Looking at the records below, please say how many lines contain the word "accepts", as a bare number.
[Start of Attachment]
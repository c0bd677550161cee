-- ===== src/Ingestion/Pipeline/Validity.antt =====
-- validate.go: what the validation stage accepts.
use Prim.Native.Char.{code}
use reconx.Base.{
  ℕ, ◌+◌, ◌≤◌, String, Bool, true, false, not, ◌&&◌, ◌≡◌, refl, ◌≢◌, ◌⊎◌, inl, inr, ◌↔◌, arith, ltb,
  if◌then◌else◌, ◌==◌, eq_iff, ==-false, ne-of_false, length,
}
use reconx.Base.Exec.{Result, ok, err, continue-ok}
use reconx.Ingestion.Pipeline.{
  NormalizedRecord, Libs, StageError, validate, matches_tx_ref, all_printable, is_known_currency,
  is_future, clock_skew_tolerance, max_payload_size,
}

-- Every character is printable ASCII.
abbrev pub IsPrintable : String → Type 0
IsPrintable String.[] = Unit
IsPrintable (String.◌∷◌ c s) = (32 ≤ code c) × (code c ≤ 126) × IsPrintable s

-- The rules of the stage, each as a condition on the record.
pub record IsValid {D : Type 0} (libs : Libs D) (now : ℕ) (rec : NormalizedRecord D) : Type 0 where
  pub has_key : rec.idempotency_key ≢ ""
  pub has_ref : rec.transaction_ref ≢ ""
  pub has_source : rec.source_system ≢ ""
  pub printable : IsPrintable rec.transaction_ref
  pub fits : length rec.raw_payload ≤ max_payload_size
  pub currency_known : (rec.currency ≡ "") ⊎ (is_known_currency rec.currency ≡ true)
  pub not_future : rec.record_timestamp ≤ now + clock_skew_tolerance
  pub not_negative : (libs.is_zero rec.amount ≡ true) ⊎ (libs.is_negative rec.amount ≡ false)

-- What the guards of the stage test.
record Passes {D : Type 0} (libs : Libs D) (now : ℕ) (rec : NormalizedRecord D) : Type 0 where
  g1 : (rec.idempotency_key == "") ≡ false
  g2 : (rec.transaction_ref == "") ≡ false
  g3 : (rec.source_system == "") ≡ false
  g4 : matches_tx_ref rec.transaction_ref ≡ true
  g5 : ltb max_payload_size (length rec.raw_payload) ≡ false
  g6 : (not (rec.currency == "") && not (is_known_currency rec.currency)) ≡ false
  g7 : is_future now rec.record_timestamp ≡ false
  g8 : (not (libs.is_zero rec.amount) && libs.is_negative rec.amount) ≡ false

not-false : (b : Bool) → not b ≡ false → b ≡ true
not-false true e = refl
not-false false e = cc

guard_passed :
    (b : Bool) (e : StageError) {u : Unit {0}}
    → Path (Result StageError Unit) (if b then err e else ok tt) (ok u)
    → b ≡ false
guard_passed true e h = cc
guard_passed false e h = refl

Passes-of_ok :
    {D : Type 0} (libs : Libs D) (now : ℕ) (rec : NormalizedRecord D)
    → (validate libs now rec).0 ≡ ok tt
    → Passes libs now rec
unfolding validate
Passes-of_ok libs now rec e =
    let (_, r1, k1) = continue-ok _ _ _ e in
    let (_, r2, k2) = continue-ok _ _ _ k1 in
    let (_, r3, k3) = continue-ok _ _ _ k2 in
    let (_, r4, k4) = continue-ok _ _ _ k3 in
    let (_, r5, k5) = continue-ok _ _ _ k4 in
    let (_, r6, k6) = continue-ok _ _ _ k5 in
    let (_, r7, k7) = continue-ok _ _ _ k6 in
    record {
      g1 = guard_passed _ _ r1;
      g2 = guard_passed _ _ r2;
      g3 = guard_passed _ _ r3;
      g4 = not-false _ (guard_passed _ _ r4);
      g5 = guard_passed _ _ r5;
      g6 = guard_passed _ _ r6;
      g7 = guard_passed _ _ r7;
      g8 = guard_passed _ _ k7;
    }

ok_of_Passes :
    {D : Type 0} (libs : Libs D) (now : ℕ) (rec : NormalizedRecord D)
    → Passes libs now rec
    → validate libs now rec ≡ (ok tt, rec)
unfolding validate
ok_of_Passes libs now rec p = rw (p.g1, p.g2, p.g3, p.g4, p.g5, p.g6, p.g7, p.g8)

all_printable-true : (s : String) → all_printable s ≡ true → IsPrintable s
unfolding all_printable
all_printable-true String.[] e = tt
all_printable-true (String.◌∷◌ c s) e = ground (arith, all_printable-true s)

all_printable-of : (s : String) → IsPrintable s → all_printable s ≡ true
unfolding all_printable
all_printable-of String.[] h = refl
all_printable-of (String.◌∷◌ c s) h =
    let (low, high, rest) = h in ground (arith, all_printable-of s rest)

not_both : (a b : Bool) → (not a && b) ≡ false → (a ≡ true) ⊎ (b ≡ false)
not_both true b e = inl refl
not_both false b e = inr e

not_both_of : (a b : Bool) → (a ≡ true) ⊎ (b ≡ false) → (not a && b) ≡ false
not_both_of true b h = refl
not_both_of false b h = ground arith

matches_lem : (s : String) → s ≢ "" → (matches_tx_ref s ≡ true) ↔ IsPrintable s
unfolding matches_tx_ref
matches_lem s ne = (
  λ e. all_printable-true s (let k = rw (==-false s "" ne) at e in k),
  λ p. rw (==-false s "" ne) (all_printable-of s p),
)

future_lem : (now t : ℕ) → (is_future now t ≡ false) ↔ (t ≤ now + clock_skew_tolerance)
future_lem now t = (λ e. ground arith, λ e. ground arith)

fits_lem : (n : ℕ) → (ltb max_payload_size n ≡ false) ↔ (n ≤ max_payload_size)
fits_lem n = (λ e. ground arith, λ e. ground arith)

IsValid-of_Passes :
    {D : Type 0} (libs : Libs D) (now : ℕ) (rec : NormalizedRecord D)
    → Passes libs now rec
    → IsValid libs now rec
IsValid-of_Passes libs now rec p = record {
  has_key = ne-of_false rec.idempotency_key "" p.g1;
  has_ref = ne-of_false rec.transaction_ref "" p.g2;
  has_source = ne-of_false rec.source_system "" p.g3;
  printable = (matches_lem rec.transaction_ref (ne-of_false rec.transaction_ref "" p.g2)).0 p.g4;
  fits = (fits_lem (length rec.raw_payload)).0 p.g5;
  currency_known =
      known rec.currency
        (not_both (rec.currency == "") (not (is_known_currency rec.currency)) p.g6);
  not_future = (future_lem now rec.record_timestamp).0 p.g7;
  not_negative = not_both (libs.is_zero rec.amount) (libs.is_negative rec.amount) p.g8;
}
  where
    known :
        (c : String)
        → ((c == "") ≡ true) ⊎ (not (is_known_currency c) ≡ false)
        → (c ≡ "") ⊎ (is_known_currency c ≡ true)
    known c (inl e) = inl ((eq_iff c "").0 e)
    known c (inr e) = inr (not-false (is_known_currency c) e)

Passes-of_IsValid :
    {D : Type 0} (libs : Libs D) (now : ℕ) (rec : NormalizedRecord D)
    → IsValid libs now rec
    → Passes libs now rec
Passes-of_IsValid libs now rec v = record {
  g1 = ==-false rec.idempotency_key "" v.has_key;
  g2 = ==-false rec.transaction_ref "" v.has_ref;
  g3 = ==-false rec.source_system "" v.has_source;
  g4 = (matches_lem rec.transaction_ref v.has_ref).1 v.printable;
  g5 = (fits_lem (length rec.raw_payload)).1 v.fits;
  g6 =
      not_both_of (rec.currency == "") (not (is_known_currency rec.currency))
        (unknown rec.currency v.currency_known);
  g7 = (future_lem now rec.record_timestamp).1 v.not_future;
  g8 = not_both_of (libs.is_zero rec.amount) (libs.is_negative rec.amount) v.not_negative;
}
  where
    unknown :
        (c : String)
        → (c ≡ "") ⊎ (is_known_currency c ≡ true)
        → ((c == "") ≡ true) ⊎ (not (is_known_currency c) ≡ false)
    unknown c (inl e) = inl ((eq_iff c "").1 e)
    unknown c (inr e) = inr (rw e)

-- A record that obeys the rules passes the stage unchanged.
pub validate-valid :
    {D : Type 0} (libs : Libs D) (now : ℕ) (rec : NormalizedRecord D)
    → IsValid libs now rec
    → validate libs now rec ≡ (ok tt, rec)
validate-valid libs now rec v = ok_of_Passes libs now rec (Passes-of_IsValid libs now rec v)

-- The validation stage accepts exactly the records that obey all its rules.
pub validate_iff :
    {D : Type 0} (libs : Libs D) (now : ℕ) (rec : NormalizedRecord D)
    → ((validate libs now rec).0 ≡ ok tt) ↔ IsValid libs now rec
validate_iff libs now rec = (
  λ e. IsValid-of_Passes libs now rec (Passes-of_ok libs now rec e),
  λ v. rw (validate-valid libs now rec v),
)
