-- ===== src/Ingestion/Pipeline/Outcome.antt =====
-- pipeline.go and normalize.go: what a run of the whole pipeline accepts.
use reconx.Base.{
  subst, [], ℕ, false, ◌≡◌, ◌≢◌, inl, inr, ◌↔◌, leb, ◌==◌, eq_iff, length, some, List, Bool-cases,
  Option-cases,
}
use reconx.Base.Exec.{ok, continue-ok, ◌>>◌}
use reconx.Ingestion.Pipeline.{
  NormalizedRecord, Libs, RawIngestPayload, enrich, validate, normalize, normalize_payload,
  ingestion_pipeline, run,
}
use reconx.Ingestion.Pipeline.Validity.{IsValid, validate-valid, validate_iff}
use reconx.Ingestion.Pipeline.Kept.{validate-record}

-- A payload whose amount, where it has one, is a decimal.
abbrev pub HasReadableAmount : {D : Type 0} → Libs D → List ℕ → Type 0
HasReadableAmount {D} libs payload =
    (raw : RawIngestPayload)
    → leb (length payload) 0 ≡ false
    → libs.unmarshal payload ≡ some raw
    → raw.amount ≢ ""
    → (d : D) × (libs.new_from_string raw.amount ≡ some d)

module _ {D : Type 0} (libs : Libs D) (now : ℕ) where
  amount_stage_iff :
      (raw : RawIngestPayload) (rec : NormalizedRecord D)
      → ((normalize_payload libs raw rec).0 ≡ ok tt)
        ↔ (raw.amount ≢ "" → (d : D) × (libs.new_from_string raw.amount ≡ some d))
  unfolding normalize_payload
  amount_stage_iff raw rec = elim (Bool-cases (raw.amount == "")) [
    | inl e ↦ (λ _ ne. absurd (ne ((eq_iff raw.amount "").0 e)), λ _. rw e)
    | inr e ↦ elim (Option-cases (libs.new_from_string raw.amount)) [
      | inl q ↦ (
        λ h. absurd (let k = rw (e, q) at h in cc),
        λ h.
            let (d, found) = h (λ t. absurd (let k = rw ((eq_iff raw.amount "").1 t) at e in cc)) in
            cc,
      )
      | inr (d, q) ↦ (λ _ _. (d, q), λ _. rw (e, q))
    ]
  ]

  normalize_iff :
      (rec : NormalizedRecord D)
      → ((normalize libs rec).0 ≡ ok tt) ↔ HasReadableAmount libs rec.raw_payload
  unfolding normalize
  normalize_iff rec = elim (Bool-cases (leb (length rec.raw_payload) 0)) [
    | inl e ↦ (λ _ raw some_bytes _ _. absurd (let k = rw e at some_bytes in cc), λ _. rw e)
    | inr e ↦ elim (Option-cases (libs.unmarshal rec.raw_payload)) [
      | inl q ↦ (λ _ raw _ json _. cc, λ _. rw (e, q))
      | inr (r, q) ↦ (
        λ h raw _ json ne.
            let k : (normalize_payload libs r rec).0 ≡ ok tt = rw (e, q) at h in
            let same : r ≡ raw = cc in
            subst
              (λ (t : RawIngestPayload).
                t.amount ≢ "" → (d : D) × (libs.new_from_string t.amount ≡ some d))
              same ((amount_stage_iff r rec).0 k) ne,
        λ h. rw (e, q) ((amount_stage_iff r rec).1 (h r e q)),
      )
    ]
  ]

  -- The stamps of the first stage are no business of the validation.
  enriched-IsValid :
      (rec : NormalizedRecord D) → IsValid libs now rec ↔ IsValid libs now (enrich now rec).1
  unfolding enrich
  enriched-IsValid rec = (
    λ v. record {
      has_key = v.has_key;
      has_ref = v.has_ref;
      has_source = v.has_source;
      printable = v.printable;
      fits = v.fits;
      currency_known = v.currency_known;
      not_future = v.not_future;
      not_negative = v.not_negative;
    },
    λ v. record {
      has_key = v.has_key;
      has_ref = v.has_ref;
      has_source = v.has_source;
      printable = v.printable;
      fits = v.fits;
      currency_known = v.currency_known;
      not_future = v.not_future;
      not_negative = v.not_negative;
    },
  )

  -- The pipeline accepts exactly the records that are valid before the payload is read and whose
  -- payload has no amount that is not a decimal. The payload's currency, time and sign count for
  -- nothing.
  pub pipeline_iff :
      (rec : NormalizedRecord D)
      → ((ingestion_pipeline libs now rec).0 ≡ ok tt)
        ↔ (IsValid libs now rec × HasReadableAmount libs rec.raw_payload)
  unfolding ingestion_pipeline run enrich
  pipeline_iff rec = (
    λ h.
        let r : NormalizedRecord D = (enrich now rec).1 in
        let (_, valid, k) =
          continue-ok (validate libs now r).0 (λ _. normalize libs >> run [])
            (validate libs now r).1 h in
        let (_, normal, _) =
          continue-ok (normalize libs (validate libs now r).1).0 (λ _. run [])
            (normalize libs (validate libs now r).1).1 k in
        (
          (enriched-IsValid rec).1 ((validate_iff libs now r).0 valid),
          (normalize_iff r).0
              (subst (λ t. (normalize libs t).0 ≡ ok tt) (validate-record libs now r) normal),
        ),
    λ (v, a). rw (
      validate-valid libs now (enrich now rec).1 ((enriched-IsValid rec).0 v),
      (normalize_iff (enrich now rec).1).1 a,
    ),
  )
[End of Attachment]
:: RESPONSE BELOW ::
4